TASK INSTRUCTIONS
After locating the line that contains "unfolding update_file_loaded load_file" in the listing below, write out that line and every following line exactly, with no other output.

=== DATA SHOWN ===

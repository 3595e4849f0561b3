-- ===== src/Processor/Answering.antt =====
-- miniraft/raft.cpp, ProcessWaiting and CheckStateChange, where one write waits and nothing else does.
use miniraft_cpp.Prelude.{
  ℕ, ◌≤◌, ◌≡◌, refl, ap, [], ◌∷◌, ◌++◌, some, true, false, arith, ltb, le→leb, ◌==◌, ok,
}
use miniraft_cpp.Messages.{is_write}
use miniraft_cpp.Rsm.{Rsm}
use miniraft_cpp.Processor.{Processor, Waiting, Answer, answer}
use miniraft_cpp.Processor.Requests.{check_state_change, is_empty}
use miniraft_cpp.Processor.Apply.{
  process_waiting, drain_waiting, drain_strong, answer_waiting, ready, drop_answers, take_answer,
}

module _ (m : Rsm) where
  open m use {Machine, last_applied}

  -- The answer of a write that waits is the front of WriteAnswers.
  answer_waiting-write :
      (p : Processor Machine) (w : Waiting) (a : Answer) (client : ℕ)
      → p.write_answers ≡ a ∷ []
      → a.index ≡ w.index
      → w.reply_to ≡ some client
      → is_write w.command.flags ≡ true
      → answer_waiting m w p
        ≡ ok (record p {
          write_answers = [];
          replies = p.replies ++ (client, record (a.reply) { cookie = w.command.cookie }) ∷ [];
        })
  unfolding answer_waiting drop_answers take_answer answer
  answer_waiting-write p w a client wa i to wr =
      let kept : ltb a.index w.index ≡ false = ground arith in
      let same : (a.index == w.index) ≡ true = ground arith in
      rw (wr, wa) (rw kept (rw same (rw to refl)))

  ready_one : (w : Waiting) (last : ℕ) → w.index ≤ last → ready last (w ∷ []) ≡ some w
  unfolding ready
  ready_one w last h = rw (le→leb w.index last h) refl

  -- The only command that waits is a write, and its answer is the only one.
  pub process_waiting-write :
      (p : Processor Machine) (w : Waiting) (a : Answer) (client : ℕ)
      → p.waiting ≡ w ∷ []
      → p.strong_waiting ≡ []
      → p.write_answers ≡ a ∷ []
      → a.index ≡ w.index
      → w.index ≤ last_applied p.rsm
      → w.reply_to ≡ some client
      → is_write w.command.flags ≡ true
      → process_waiting m p
        ≡ ok (record p {
          waiting = [];
          write_answers = [];
          replies = p.replies ++ (client, record (a.reply) { cookie = w.command.cookie }) ∷ [];
        })
  unfolding process_waiting drain_waiting drain_strong
  process_waiting-write p w a client q s wa i le to wr =
      let answered = answer_waiting-write (record p { waiting = [] }) w a client wa i to wr in
      rw (q, ready_one w (last_applied p.rsm) le, drain_waiting) (rw answered (rw s refl))

  pub check_state_change-none :
      (p : Processor Machine) → p.waiting_state_change ≡ [] → check_state_change m p ≡ ok p
  unfolding check_state_change is_empty
  check_state_change-none p none_held =
      let empty : is_empty p.waiting_state_change ≡ true = ap is_empty none_held in rw empty refl
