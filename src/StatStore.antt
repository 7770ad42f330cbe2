-- ===== src/StatStore.antt =====
-- statstore: the logs of games with the settings of their calculation, by versions.
pub mod Logs
pub mod Memory
pub mod Disk
mod Tests
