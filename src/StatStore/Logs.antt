-- ===== src/StatStore/Logs.antt =====
-- statstore/store.go: a stored log. The settings are a type of their own, since the code only passes
-- them on; a name, the bytes of a log and its JSON are texts; versions are natural numbers.
use dzzzr_cli.Base.{ℕ, ◌≡◌, ◌⊎◌, inr, Option, Text}

pub record StoredLog (Config : Type 0) : Type 0 where
  pub id : Text
  pub name : Text
  pub content : Text
  pub config : Config
  pub revision : ℕ

-- `Build` gives the settings of its report; none is a nil `cfg`. The JSON encoder and decoder.
pub record Services (Config : Type 0) : Type 0 where
  pub build : Text → Text → Option Config → Text ⊎ Config
  pub encode : StoredLog Config → Text ⊎ Text
  pub decode : Text → Text ⊎ StoredLog Config

-- What was encoded decodes to itself.
pub record RoundTrips {Config : Type 0} (v : Services Config) : Type 0 where
  pub decode-encode : (l : StoredLog Config) (b : Text) → v.encode l ≡ inr b → v.decode b ≡ inr l

abbrev pub max_log_bytes : ℕ
max_log_bytes = 33554432
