-- ===== src/StatStore/Disk.antt =====
-- statstore/store.go: the logs as files of a directory, each written beside and then renamed. A method
-- runs under the lock as one step. The file system is a parameter; a world `W` is its state.
pub mod Laws
pub mod Kept
use dzzzr_cli.Base.{
  ℕ, ◌+◌, ◌≡◌, Bool, true, false, not, ◌&&◌, ◌||◌, Option, none, some, inl, inr, ◌⊎◌, List, [], ◌∷◌,
  ◌++◌, ltb, leb, ◌==◌, if◌then◌else◌, length, Text, codes,
}
use dzzzr_cli.StatStore.Logs.{StoredLog, Services, max_log_bytes}

-- The functions of `os` on the directory of the store; what changes it gives an error or none.
pub record Directory (W : Type 0) : Type 0 where
  pub make_root : W → Option Text × W
  pub open_root : W → Option Text
  pub read_file : Text → W → Text ⊎ Text
  pub write_file : Text → Text → W → Option Text × W
  pub rename : Text → Text → W → Option Text × W
  pub remove : Text → W → W

unfoldable pub is_hex_digits : Text → Bool
is_hex_digits [] = true
is_hex_digits (c ∷ s) = ((leb 97 c && leb c 102) || (leb 48 c && leb c 57)) && is_hex_digits s

-- `validID`
unfoldable pub is_valid_id : Text → Bool
unfolding is_hex_digits
is_valid_id id = (length id == 32) && is_hex_digits id

unfoldable pub json_name : Text → Text
json_name id = id ++ codes ".json"

unfoldable pub tmp_name : Text → Text
tmp_name id = id ++ codes ".tmp"

module _ {W Config : Type 0} (d : Directory W) (v : Services Config) where
  open d use {make_root, open_root, read_file, write_file, rename, remove}
  open v use {build, encode, decode}

  abbrev pub Saved : Type 0
  Saved = (Text ⊎ StoredLog Config) × W

  -- A failing call gives its error only; in Go the log stands beside it.
  unfoldable pub save_renamed : StoredLog Config → Option Text × W → Saved
  unfolding tmp_name
  save_renamed l (some err, w) = (inl err, remove (tmp_name l.id) w)
  save_renamed l (none, w) = (inr l, remove (tmp_name l.id) w)

  unfoldable pub save_written : StoredLog Config → Option Text × W → Saved
  unfolding save_renamed tmp_name json_name
  save_written l (some err, w) = (inl err, w)
  save_written l (none, w) = save_renamed l (rename (tmp_name l.id) (json_name l.id) w)

  unfoldable pub save_opened : StoredLog Config → Text → Option Text → W → Saved
  unfolding save_written tmp_name
  save_opened l b (some err) w = (inl err, w)
  save_opened l b none w = save_written l (write_file (tmp_name l.id) b w)

  unfoldable pub save_encoded : StoredLog Config → Text ⊎ Text → W → Saved
  unfolding save_opened
  save_encoded l (inl err) w = (inl err, w)
  save_encoded l (inr b) w = save_opened l b (open_root w) w

  unfoldable pub save_made : StoredLog Config → Option Text × W → Saved
  unfolding save_encoded
  save_made l (some err, w) = (inl err, w)
  save_made l (none, w) = save_encoded l (encode l) w

  -- `Store.save`
  unfoldable pub save_file : StoredLog Config → W → Saved
  unfolding save_made
  save_file l w = save_made l (make_root w)

  unfoldable pub load_read : Text ⊎ Text → Text ⊎ StoredLog Config
  load_read (inl err) = inl err
  load_read (inr b) = decode b

  unfoldable pub load_opened : Text → Option Text → W → Text ⊎ StoredLog Config
  unfolding load_read json_name
  load_opened id (some err) w = inl err
  load_opened id none w = load_read (read_file (json_name id) w)

  -- `Store.load`
  unfoldable pub load_file : Text → W → Text ⊎ StoredLog Config
  unfolding is_valid_id load_opened
  load_file id w =
      if not (is_valid_id id)
      then inl (codes "неверный идентификатор журнала")
      else load_opened id (open_root w) w

  unfoldable pub create_file_built : Text → Text → Text ⊎ Config → Text ⊎ Text → W → Saved
  unfolding save_file
  create_file_built name content (inl err) drawn w = (inl err, w)
  create_file_built name content (inr config) (inl err) w = (inl err, w)
  create_file_built name content (inr config) (inr id) w =
      save_file (record { id = id; name = name; content = content; config = config; revision = 1 })
        w

  -- `Store.Create`; `base` is `filepath.Base(name)`.
  unfoldable pub create_file : Text → Text → Text → Option Config → Text ⊎ Text → W → Saved
  unfolding create_file_built
  create_file name base content cfg drawn w =
      if ltb max_log_bytes (length content)
      then (inl (codes "журнал превышает 32 МБ"), w)
      else create_file_built base content (build name content cfg) drawn w

  unfoldable pub update_file_built : StoredLog Config → Text ⊎ Config → W → Saved
  unfolding save_file
  update_file_built l (inl err) w = (inl err, w)
  update_file_built l (inr config) w =
      save_file (record l { config = config; revision = l.revision + 1 }) w

  unfoldable pub update_file_loaded : ℕ → Config → Text ⊎ StoredLog Config → W → Saved
  unfolding update_file_built
  update_file_loaded revision cfg (inl err) w = (inl err, w)
  update_file_loaded revision cfg (inr l) w =
      if not (revision == l.revision)
      then (inl (codes "параметры изменились: перечитайте журнал и повторите изменение"), w)
      else update_file_built l (build l.name l.content (some cfg)) w

  -- `Store.Update`
  unfoldable pub update_file : Text → ℕ → Config → W → Saved
  unfolding update_file_loaded load_file
  update_file id revision cfg w = update_file_loaded revision cfg (load_file id w) w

===

EXERCISE ANSWER
  unfolding update_file_loaded load_file
  update_file id revision cfg w = update_file_loaded revision cfg (load_file id w) w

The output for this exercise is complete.